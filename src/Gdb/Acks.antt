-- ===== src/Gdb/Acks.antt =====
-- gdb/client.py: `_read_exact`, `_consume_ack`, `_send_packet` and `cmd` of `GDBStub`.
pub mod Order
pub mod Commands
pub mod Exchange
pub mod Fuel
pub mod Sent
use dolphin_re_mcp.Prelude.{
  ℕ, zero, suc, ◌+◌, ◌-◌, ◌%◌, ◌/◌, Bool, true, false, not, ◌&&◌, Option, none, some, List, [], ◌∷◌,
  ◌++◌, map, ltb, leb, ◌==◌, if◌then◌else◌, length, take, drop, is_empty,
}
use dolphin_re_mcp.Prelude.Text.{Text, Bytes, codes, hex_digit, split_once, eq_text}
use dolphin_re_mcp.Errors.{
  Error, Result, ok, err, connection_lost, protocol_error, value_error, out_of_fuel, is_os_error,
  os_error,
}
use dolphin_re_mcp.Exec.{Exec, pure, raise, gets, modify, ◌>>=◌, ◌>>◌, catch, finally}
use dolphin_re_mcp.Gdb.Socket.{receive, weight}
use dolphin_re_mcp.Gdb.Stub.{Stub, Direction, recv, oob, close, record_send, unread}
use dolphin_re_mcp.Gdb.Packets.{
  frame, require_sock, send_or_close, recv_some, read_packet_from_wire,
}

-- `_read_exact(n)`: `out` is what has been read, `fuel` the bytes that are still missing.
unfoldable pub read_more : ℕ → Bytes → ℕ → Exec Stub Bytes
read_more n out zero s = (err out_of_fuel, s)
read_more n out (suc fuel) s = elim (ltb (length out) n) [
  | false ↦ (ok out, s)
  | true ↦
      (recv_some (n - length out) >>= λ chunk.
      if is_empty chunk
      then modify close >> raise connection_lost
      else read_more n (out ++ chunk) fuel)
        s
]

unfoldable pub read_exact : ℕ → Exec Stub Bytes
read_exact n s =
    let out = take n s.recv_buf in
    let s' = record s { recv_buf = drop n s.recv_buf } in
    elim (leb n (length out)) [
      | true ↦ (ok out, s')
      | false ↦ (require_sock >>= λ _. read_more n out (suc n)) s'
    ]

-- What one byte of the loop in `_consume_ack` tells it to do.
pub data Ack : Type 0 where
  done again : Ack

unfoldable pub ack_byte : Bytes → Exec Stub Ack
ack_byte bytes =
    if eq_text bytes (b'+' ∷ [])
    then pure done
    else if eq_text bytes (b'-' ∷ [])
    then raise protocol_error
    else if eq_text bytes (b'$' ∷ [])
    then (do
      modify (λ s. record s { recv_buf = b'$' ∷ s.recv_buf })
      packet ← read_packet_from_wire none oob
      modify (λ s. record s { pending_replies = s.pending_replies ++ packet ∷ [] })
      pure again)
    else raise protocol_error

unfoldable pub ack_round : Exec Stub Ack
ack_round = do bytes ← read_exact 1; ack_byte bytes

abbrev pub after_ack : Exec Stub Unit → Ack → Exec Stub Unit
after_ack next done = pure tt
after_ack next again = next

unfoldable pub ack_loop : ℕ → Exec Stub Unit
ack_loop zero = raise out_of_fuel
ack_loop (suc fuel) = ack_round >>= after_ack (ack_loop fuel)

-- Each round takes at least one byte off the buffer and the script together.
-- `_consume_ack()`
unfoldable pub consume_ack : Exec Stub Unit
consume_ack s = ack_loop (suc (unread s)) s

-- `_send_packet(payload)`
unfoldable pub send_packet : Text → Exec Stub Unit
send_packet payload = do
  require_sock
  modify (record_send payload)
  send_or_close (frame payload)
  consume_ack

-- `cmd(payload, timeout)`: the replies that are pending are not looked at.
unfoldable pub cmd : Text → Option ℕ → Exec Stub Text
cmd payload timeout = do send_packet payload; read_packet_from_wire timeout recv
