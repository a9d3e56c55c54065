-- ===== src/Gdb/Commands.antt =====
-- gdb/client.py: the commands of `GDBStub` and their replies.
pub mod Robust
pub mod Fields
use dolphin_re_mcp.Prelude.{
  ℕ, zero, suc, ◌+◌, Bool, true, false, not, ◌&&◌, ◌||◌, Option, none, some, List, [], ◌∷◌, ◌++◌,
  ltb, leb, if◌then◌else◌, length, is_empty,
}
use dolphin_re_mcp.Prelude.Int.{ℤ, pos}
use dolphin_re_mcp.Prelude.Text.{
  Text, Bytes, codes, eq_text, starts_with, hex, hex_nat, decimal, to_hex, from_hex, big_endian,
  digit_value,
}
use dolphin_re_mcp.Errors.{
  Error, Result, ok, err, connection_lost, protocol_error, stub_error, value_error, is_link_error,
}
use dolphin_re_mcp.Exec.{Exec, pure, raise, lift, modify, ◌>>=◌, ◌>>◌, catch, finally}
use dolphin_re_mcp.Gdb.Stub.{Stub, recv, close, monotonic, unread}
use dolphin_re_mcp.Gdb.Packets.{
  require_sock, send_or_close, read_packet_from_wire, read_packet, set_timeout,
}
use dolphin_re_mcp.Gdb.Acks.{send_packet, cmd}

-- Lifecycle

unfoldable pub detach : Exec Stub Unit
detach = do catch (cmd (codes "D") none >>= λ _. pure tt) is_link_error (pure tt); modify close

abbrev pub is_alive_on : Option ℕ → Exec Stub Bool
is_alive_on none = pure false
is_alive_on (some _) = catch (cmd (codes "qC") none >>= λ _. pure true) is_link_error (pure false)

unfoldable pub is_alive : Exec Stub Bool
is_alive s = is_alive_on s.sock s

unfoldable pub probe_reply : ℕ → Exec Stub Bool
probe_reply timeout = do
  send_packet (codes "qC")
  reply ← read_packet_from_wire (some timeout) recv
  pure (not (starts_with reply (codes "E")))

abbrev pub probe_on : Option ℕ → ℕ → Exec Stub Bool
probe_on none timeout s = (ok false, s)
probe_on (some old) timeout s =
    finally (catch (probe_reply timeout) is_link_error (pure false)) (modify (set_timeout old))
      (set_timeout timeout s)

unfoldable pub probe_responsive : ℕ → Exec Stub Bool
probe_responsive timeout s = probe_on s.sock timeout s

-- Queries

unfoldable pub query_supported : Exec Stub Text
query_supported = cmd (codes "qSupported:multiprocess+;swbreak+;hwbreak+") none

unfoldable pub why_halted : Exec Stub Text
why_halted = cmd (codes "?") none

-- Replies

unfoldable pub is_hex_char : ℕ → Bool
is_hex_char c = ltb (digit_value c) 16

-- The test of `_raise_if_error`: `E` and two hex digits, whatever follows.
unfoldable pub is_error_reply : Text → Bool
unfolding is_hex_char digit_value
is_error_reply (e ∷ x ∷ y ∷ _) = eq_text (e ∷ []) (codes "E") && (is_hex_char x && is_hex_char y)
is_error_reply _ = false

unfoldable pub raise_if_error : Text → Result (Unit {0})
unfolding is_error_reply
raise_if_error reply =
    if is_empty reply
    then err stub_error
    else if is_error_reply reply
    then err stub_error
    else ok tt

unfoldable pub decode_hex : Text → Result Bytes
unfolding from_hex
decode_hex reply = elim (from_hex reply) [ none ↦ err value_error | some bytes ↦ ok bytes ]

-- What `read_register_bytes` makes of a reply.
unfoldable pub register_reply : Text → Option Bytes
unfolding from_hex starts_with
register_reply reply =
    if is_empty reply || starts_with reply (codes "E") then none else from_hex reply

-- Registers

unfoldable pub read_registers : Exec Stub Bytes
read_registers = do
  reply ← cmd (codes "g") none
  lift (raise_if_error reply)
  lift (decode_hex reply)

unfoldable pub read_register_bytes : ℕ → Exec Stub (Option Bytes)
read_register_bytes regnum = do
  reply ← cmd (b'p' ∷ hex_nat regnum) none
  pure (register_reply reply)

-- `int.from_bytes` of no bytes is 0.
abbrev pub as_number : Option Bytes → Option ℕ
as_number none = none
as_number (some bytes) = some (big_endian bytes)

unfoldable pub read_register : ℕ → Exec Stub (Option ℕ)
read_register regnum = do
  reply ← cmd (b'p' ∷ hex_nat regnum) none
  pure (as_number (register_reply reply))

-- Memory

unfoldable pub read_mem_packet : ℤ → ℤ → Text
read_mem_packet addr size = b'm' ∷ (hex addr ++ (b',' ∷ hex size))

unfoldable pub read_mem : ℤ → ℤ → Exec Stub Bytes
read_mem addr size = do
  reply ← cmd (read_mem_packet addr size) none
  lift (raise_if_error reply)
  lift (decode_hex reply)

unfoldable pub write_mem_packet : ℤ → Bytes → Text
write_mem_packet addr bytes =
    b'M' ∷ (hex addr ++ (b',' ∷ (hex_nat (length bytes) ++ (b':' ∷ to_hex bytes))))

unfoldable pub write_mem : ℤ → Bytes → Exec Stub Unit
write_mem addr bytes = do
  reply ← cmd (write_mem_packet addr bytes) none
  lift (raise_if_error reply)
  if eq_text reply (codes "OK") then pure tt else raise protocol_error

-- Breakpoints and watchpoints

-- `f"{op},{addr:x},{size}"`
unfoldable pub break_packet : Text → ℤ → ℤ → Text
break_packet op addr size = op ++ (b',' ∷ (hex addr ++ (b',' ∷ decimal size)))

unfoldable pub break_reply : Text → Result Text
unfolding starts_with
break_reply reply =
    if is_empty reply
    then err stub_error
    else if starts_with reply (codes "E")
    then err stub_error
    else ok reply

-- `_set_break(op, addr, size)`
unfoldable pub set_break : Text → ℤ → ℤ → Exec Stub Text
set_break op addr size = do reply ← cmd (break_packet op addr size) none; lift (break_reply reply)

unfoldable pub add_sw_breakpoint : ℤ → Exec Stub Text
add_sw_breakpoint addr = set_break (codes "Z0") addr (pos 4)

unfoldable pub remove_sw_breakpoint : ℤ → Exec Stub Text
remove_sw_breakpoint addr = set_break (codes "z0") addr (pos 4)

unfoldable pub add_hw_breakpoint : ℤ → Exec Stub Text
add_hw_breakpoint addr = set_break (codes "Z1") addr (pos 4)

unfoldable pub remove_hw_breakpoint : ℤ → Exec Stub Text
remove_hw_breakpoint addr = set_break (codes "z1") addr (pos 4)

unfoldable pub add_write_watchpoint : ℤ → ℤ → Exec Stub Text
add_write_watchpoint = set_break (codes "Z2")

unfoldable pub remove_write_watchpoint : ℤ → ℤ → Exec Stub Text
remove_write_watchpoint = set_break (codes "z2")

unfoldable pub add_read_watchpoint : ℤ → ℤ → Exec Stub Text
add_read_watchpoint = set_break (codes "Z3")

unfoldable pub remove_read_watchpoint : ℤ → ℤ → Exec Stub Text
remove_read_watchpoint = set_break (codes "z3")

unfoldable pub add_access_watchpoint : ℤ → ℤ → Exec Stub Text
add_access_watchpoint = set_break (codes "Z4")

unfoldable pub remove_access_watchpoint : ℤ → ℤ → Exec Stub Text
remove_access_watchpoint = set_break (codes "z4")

========

Retrieve all lines from the data that contain the string "Bool".

  ℕ, zero, suc, ◌+◌, ◌-◌, ◌%◌, ◌/◌, Bool, true, false, not, ◌&&◌, Option, none, some, List, [], ◌∷◌,
  ℕ, zero, suc, ◌+◌, Bool, true, false, not, ◌&&◌, ◌||◌, Option, none, some, List, [], ◌∷◌, ◌++◌,
abbrev pub is_alive_on : Option ℕ → Exec Stub Bool
unfoldable pub is_alive : Exec Stub Bool
unfoldable pub probe_reply : ℕ → Exec Stub Bool
abbrev pub probe_on : Option ℕ → ℕ → Exec Stub Bool
unfoldable pub probe_responsive : ℕ → Exec Stub Bool
unfoldable pub is_hex_char : ℕ → Bool
unfoldable pub is_error_reply : Text → Bool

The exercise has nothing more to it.